SOME ARRANGEMENTS IN SHAS

(a) Right of First Refusal (ROFR): ROFR permits its holders to claim the transfer
of the subject of the right with a unilateral declaration of intent which can either be
contractual or legal. No statutory recognition has been given to that right either in
the Indian Company Law or the Income Tax Laws. Some foreign jurisdictions
have made provisions regulating those rights by statutes. Generally, ROFR is
contractual and determined in an agreement. ROFR clauses have contractual
restrictions that give the holders the option to enter into commercial transactions
with the owner on the basis of some specific terms before the owner may enter
into the transactions with a third party. Shareholders' right to transfer the shares is
not totally prevented, yet a shareholder is obliged to offer the shares first to the
existing shareholders.
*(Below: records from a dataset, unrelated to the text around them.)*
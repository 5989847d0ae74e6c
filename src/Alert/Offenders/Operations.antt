-- ===== src/Alert/Offenders/Operations.antt =====
-- What the alerter and the accept path call: `windowFor`,
-- `accepted` and `shunned`.
use ran.Alert.Class.{Class, probe}
use ran.Alert.Netip.{Netip, normalize_ip}
use ran.Alert.Offenders.Entry.{
  count_at, set_count, Offender, new_offender, class_index, ShunSummary,
}
use ran.Alert.Offenders.Table.{
  OffenderTable, Work, including, put, expired, end_window, drop_entry, make_room,
}
use ran.Base.{
  ℕ, ◌+◌, Bool, true, false, not, ◌&&◌, ◌||◌, Option, none, some, List, [], Bytes, length, ltb, leb,
  ◌==◌, if◌then◌else◌,
}
use ran.Fifo
use ran.Fifo.{Fifo}

-- `class == ClassProbe`
unfoldable pub is_probe : Class → Bool
is_probe probe = true
is_probe _ = false

-- `acceptMark`; a mark that reverts nothing is `none`, and `win` is 0 if no window was opened.
pub record AcceptMark : Type 0 where
  pub key : Bytes
  pub idx : ℕ
  pub win : ℕ

-- Work on the table with the id of the window that was opened, 0 for none.
abbrev Opened : Type 0
Opened = Work × ℕ

-- the end of `acceptLocked`, from `until := now.Add(window)`
unfoldable pub open_window : ℕ → Offender → ℕ → ℕ → Work → Opened
unfolding end_window including
open_window i e window now w =
    let until = now + window in
    if e.active && ltb now e.shun_until
    then (if ltb e.shun_until until
        then (let id = w.table.next_win + 1 in
            (
              record w {
                table = record (put i (record e { shun_until = until; win_id = id }) w.table) {
                  next_win = id;
                };
              },
              0,
            ))
        else (w, 0))
    else (let w' = if e.active then end_window i e now w else w in
        let id = w'.table.next_win + 1 in
        let e' = record e {
          shun_start = now;
          shun_until = until;
          win_id = id;
          active = true;
          suppressed = if e.active then 0 else e.suppressed;
          protos = if e.active then [] else e.protos;
        } in
        (
          record w' {
            table = record (put i e' w'.table) {
              next_win = id;
              active = including i w'.table.active;
            };
          },
          id,
        ))

-- the table with room for one more entry
unfoldable pub with_room : ℕ → Work → Work
unfolding make_room
with_room now w = if leb w.table.max (Fifo.size w.table.entries) then make_room now w else w

-- the middle of `acceptLocked`: the entry's number and value, made or moved to the back
unfoldable pub entry_for : Bytes → ℕ → Option (ℕ × Offender) → Work → Work × ℕ × Offender
unfolding with_room
entry_for key now (some (i, e)) w =
    (record w { table = record w.table { entries = Fifo.move_to_back i e w.table.entries } }, i, e)
entry_for key now none w =
    let w' = with_room now w in
    let e = new_offender key in
    (
      record w' { table = record w'.table { entries = Fifo.push_back key e w'.table.entries } },
      w'.table.entries.next,
      e,
    )

-- the head of `acceptLocked`: the live entry of the key, an expired one removed
unfoldable pub live_entry : Bytes → ℕ → Work → Work × Option (ℕ × Offender)
unfolding expired drop_entry
live_entry key now w = elim (Fifo.find key w.table.entries) [
  | none ↦ (w, none)
  | some (i, e) ↦ if expired w.table e now then (drop_entry i e now w, none) else (w, some (i, e))
]

unfoldable pub accept_locked : Bytes → ℕ → Class → ℕ → ℕ → Work → Opened
unfolding live_entry entry_for open_window is_probe
accept_locked key idx class window now w =
    let (w₁, found) = live_entry key now w in
    let (w₂, i, e) = entry_for key now found w₁ in
    let e' = record e { counts = set_count idx (count_at idx e.counts + 1) e.counts; last = now } in
    let w₃ = record w₂ { table = put i e' w₂.table } in
    if not w₃.table.shun || is_probe class || 0 == window
    then (w₃, 0)
    else open_window i e' window now w₃

module _ (net : Netip) where
  -- the table, the summaries to log, and the mark
  unfoldable pub accepted :
      Bytes → Class → ℕ → ℕ → OffenderTable → OffenderTable × List ShunSummary × Option AcceptMark
  unfolding normalize_ip class_index accept_locked
  accepted ip class window now t = elim (normalize_ip net ip) [
    | none ↦ (t, [], none)
    | some key ↦ elim (class_index class) [
      | none ↦ (t, [], none)
      | some idx ↦
          let (w, id) = accept_locked key idx class window now (record { table = t; sums = [] }) in
          (w.table, w.sums, some (record { key = key; idx = idx; win = id }))
    ]
  ]

  -- `windowFor`
  unfoldable pub window_for : Bytes → Class → ℕ → ℕ → OffenderTable → ℕ
  unfolding normalize_ip class_index expired
  window_for ip class base now t =
      if 0 == base || 0 == t.repeat then base else elim (normalize_ip net ip) [
        | none ↦ base
        | some key ↦ elim (class_index class) [
          | none ↦ base
          | some idx ↦
              let count : ℕ = elim (Fifo.find key t.entries) [
                | none ↦ 0
                | some (_, e) ↦ if expired t e now then 0 else count_at idx e.counts
              ] in
              if leb t.repeat_after (count + 1) then t.repeat else base
        ]
      ]

  unfoldable pub shunned : Bytes → ℕ → OffenderTable → OffenderTable × List ShunSummary × Bool
  unfolding normalize_ip end_window
  shunned ip now t =
      if not t.shun || length t.active == 0 then (t, [], false) else elim (normalize_ip net ip) [
        | none ↦ (t, [], false)
        | some key ↦ elim (Fifo.find key t.entries) [
          | none ↦ (t, [], false)
          | some (i, e) ↦
              if not e.active
              then (t, [], false)
              else if ltb now e.shun_until
              then (t, [], true)
              else (let w = end_window i e now (record { table = t; sums = [] }) in
                  (w.table, w.sums, false))
        ]
      ]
Consequently, the other shareholders will have the privilege
over the third parties with regard to purchase of shares.

(b) Tag Along Rights (TARs): TARs, a facet of ROFR, often refer to the power of
a minority shareholder to sell their  shares to the prospective buyer at the same
price as any other shareholder would propose to sell. In other words, if one
shareholder wants to sell, he can do so only if the purchaser agrees to purchase the
other shareholders, who wish to sell at the same price. TAR often finds a place in
the SHA which protects the interest of the minority shareholders.
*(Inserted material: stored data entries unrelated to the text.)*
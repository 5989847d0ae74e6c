-- ===== src/Alert/Cooldown.antt =====
-- internal/alert/cooldown.go: at most one alert for a source and class within a window. The
-- clock's reading and the offender table are arguments; the table may be absent.
pub mod Bounds
pub mod Gate
use ran.Alert.Class.{Class, rank, text, classes}
use ran.Alert.Netip.{Netip}
use ran.Alert.Offenders.Operations.{window_for}
use ran.Alert.Offenders.Table.{OffenderTable}
use ran.Base.{
  ℕ, zero, suc, ◌+◌, ◌%◌, ◌^◌, Bool, true, false, ◌&&◌, ◌||◌, not, Option, none, some, List, [],
  ◌∷◌, ◌++◌, Bytes, codes, bytes_eq, ltb, leb, ◌==◌, if◌then◌else◌, ◌>>=◌,
}
use ran.Fifo
use ran.Fifo.{Fifo}

pub record CooldownEntry : Type 0 where
  pub key : Bytes
  pub at : ℕ
  pub win : ℕ
  pub slot : ℕ

abbrev pub entry_key : CooldownEntry → Bytes
entry_key e = e.key

pub record CooldownFilter : Type 0 where
  pub seen : Fifo CooldownEntry
  pub next_slot : ℕ
  pub window : ℕ
  pub max_entries : ℕ

unfoldable pub new_cooldown_filter : ℕ → ℕ → CooldownFilter
new_cooldown_filter window max_entries = record {
  seen = Fifo.empty;
  next_slot = 0;
  window = window;
  max_entries = max_entries;
}

unfoldable pub cooldown_key : Bytes → Class → Bytes
cooldown_key ip c = ip ++ (b'|' ∷ text c)

-- `now.Sub(e.at) < e.win`: the entry is still in its window
unfoldable pub is_live : ℕ → CooldownEntry → Bool
is_live now e = ltb now (e.at + e.win)

-- the key, the slot and the window that `allow` returns with `true`
pub record Slot : Type 0 where
  pub key : Bytes
  pub slot : ℕ
  pub win : ℕ

-- the test of one class in the loop of `allow`
unfoldable pub holds_back : Bytes → Class → ℕ → Fifo CooldownEntry → Class → Bool
unfolding rank is_live cooldown_key
holds_back ip class now seen c =
    not (ltb (rank c) (rank class))
    && (elim (Fifo.find (cooldown_key ip c) seen) [ none ↦ false | some (_, e) ↦ is_live now e ])

-- the loop of `allow`
unfoldable pub suppressed : Bytes → Class → ℕ → Fifo CooldownEntry → List Class → Bool
unfolding holds_back
suppressed ip class now seen [] = false
suppressed ip class now seen (c ∷ cs) =
    holds_back ip class now seen c || suppressed ip class now seen cs

abbrev pub with_seen : CooldownFilter → Fifo CooldownEntry → CooldownFilter
with_seen d f = record d { seen = f }

-- `remove`
unfoldable pub drop_entry : ℕ → CooldownEntry → CooldownFilter → CooldownFilter
drop_entry i e d = with_seen d (Fifo.remove e.key i d.seen)

-- the loop of `sweepFront`, on fuel: each round takes the front element away
unfoldable pub sweep_front : ℕ → ℕ → CooldownFilter → CooldownFilter
unfolding drop_entry is_live
sweep_front zero now d = d
sweep_front (suc fuel) now d = elim (Fifo.front d.seen) [
  | none ↦ d
  | some (i, e) ↦ elim (is_live now e) [
    | true ↦ d
    | false ↦ sweep_front fuel now (drop_entry i e d)
  ]
]

unfoldable pub make_room : ℕ → CooldownFilter → CooldownFilter
unfolding sweep_front drop_entry
make_room now d =
    let d' = sweep_front (Fifo.size d.seen) now d in
    if leb d'.max_entries (Fifo.size d'.seen)
    then elim (Fifo.front d'.seen) [ none ↦ d' | some (i, e) ↦ drop_entry i e d' ]
    else d'

-- the slot taken by `allow` for the key, whose entry is re-armed or made
unfoldable pub take_slot : Bytes → ℕ → ℕ → CooldownFilter → CooldownFilter × Slot
unfolding make_room
take_slot key win now d =
    let slot = (d.next_slot + 1) % 2 ^ 64 in
    elim (Fifo.find key d.seen) [
      | some (i, old) ↦
          let e = record old { at = now; win = win; slot = slot } in
          (
            record d { next_slot = slot; seen = Fifo.move_to_back i e (Fifo.assign i e d.seen) },
            record { key = key; slot = slot; win = win },
          )
      | none ↦
          let e : CooldownEntry = record { key = key; at = now; win = win; slot = slot } in
          let d' = (if leb d.max_entries (Fifo.size d.seen) then make_room now d else d) in
          (
            record d' { next_slot = slot; seen = Fifo.push_back key e d'.seen },
            record { key = key; slot = slot; win = win },
          )
    ]

module _ (net : Netip) where
  -- `d.offenders.windowFor`, where a nil table leaves the window as it is
  unfoldable pub applied_window : Bytes → Class → ℕ → ℕ → Option OffenderTable → ℕ
  unfolding window_for
  applied_window ip class base now none = base
  applied_window ip class base now (some t) = window_for net ip class base now t

  -- `none` is a suppressed alert.
  unfoldable pub allow :
      Bytes → Class → ℕ → Option OffenderTable → CooldownFilter → CooldownFilter × Option Slot
  unfolding suppressed applied_window take_slot cooldown_key
  allow ip class now offenders d =
      if 0 == d.window
      then (d, some (record { key = []; slot = 0; win = 0 }))
      else if suppressed ip class now d.seen classes
      then (d, none)
      else (let win = applied_window ip class d.window now offenders in
          let (d', s) = take_slot (cooldown_key ip class) win now d in (d', some s))

unfoldable pub release : Bytes → ℕ → CooldownFilter → CooldownFilter
unfolding drop_entry
release key slot d = if bytes_eq key [] then d else elim (Fifo.find key d.seen) [
  | none ↦ d
  | some (i, e) ↦ if e.slot == slot then drop_entry i e d else d
]

unfoldable pub cleanup : ℕ → CooldownFilter → CooldownFilter
unfolding sweep_front
cleanup now d = if 0 == d.window then d else sweep_front (Fifo.size d.seen) now d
(c) Subscription Option: Subscription option gives the beneficiary a right to


demand issuance of allotment of shares of the target company. It is for that reason
that a subscription right is normally accompanied by ancillary provisions including
an Exit clause where, if dilution crosses a particular level, the counter parties are
given some kind of Exit option.

(d) Call Option: Call option is an arrangement often seen in Merger and
Acquisition projects, especially when they aim at foreign investment. A Call
option is given to a foreign buyer by agreement so that the foreign buyer is able to
enjoy the permitted minimum equity interests of the target company. Call option is
always granted as a right not an obligation, which can be exercised upon
satisfaction of certain conditions and/or within certain period agreed by the grantor
and grantee. The buyer of Call option pays for the right, without the obligation to
buy some underlying instrument from the writer of the option contract at a set
future date and at the strike price. Call option is where the beneficiary of the action
has a right to compel a counter-party to transfer his shares at a pre-determined or
price fixed in accordance with the pre-determined maxim or even fair market
value which results in a simple transfer of shares.
(e) Put Option: A put option represents the right, but not the requirement to sell a
set number of shares of stock, which one do not yet own, at a pre-determined
strike price, before the option reaches the expiration date. A put option is
purchased with the belief that the underlying stock price will drop well before the
strike price, at which point one may choose to exercise the option.

(f) Cash and Cashless Options: Cash and Cashless options are related arrangement
to call and put options creating a route by which the investors could carry out their
investment, in the event of an appreciation in the value of shares.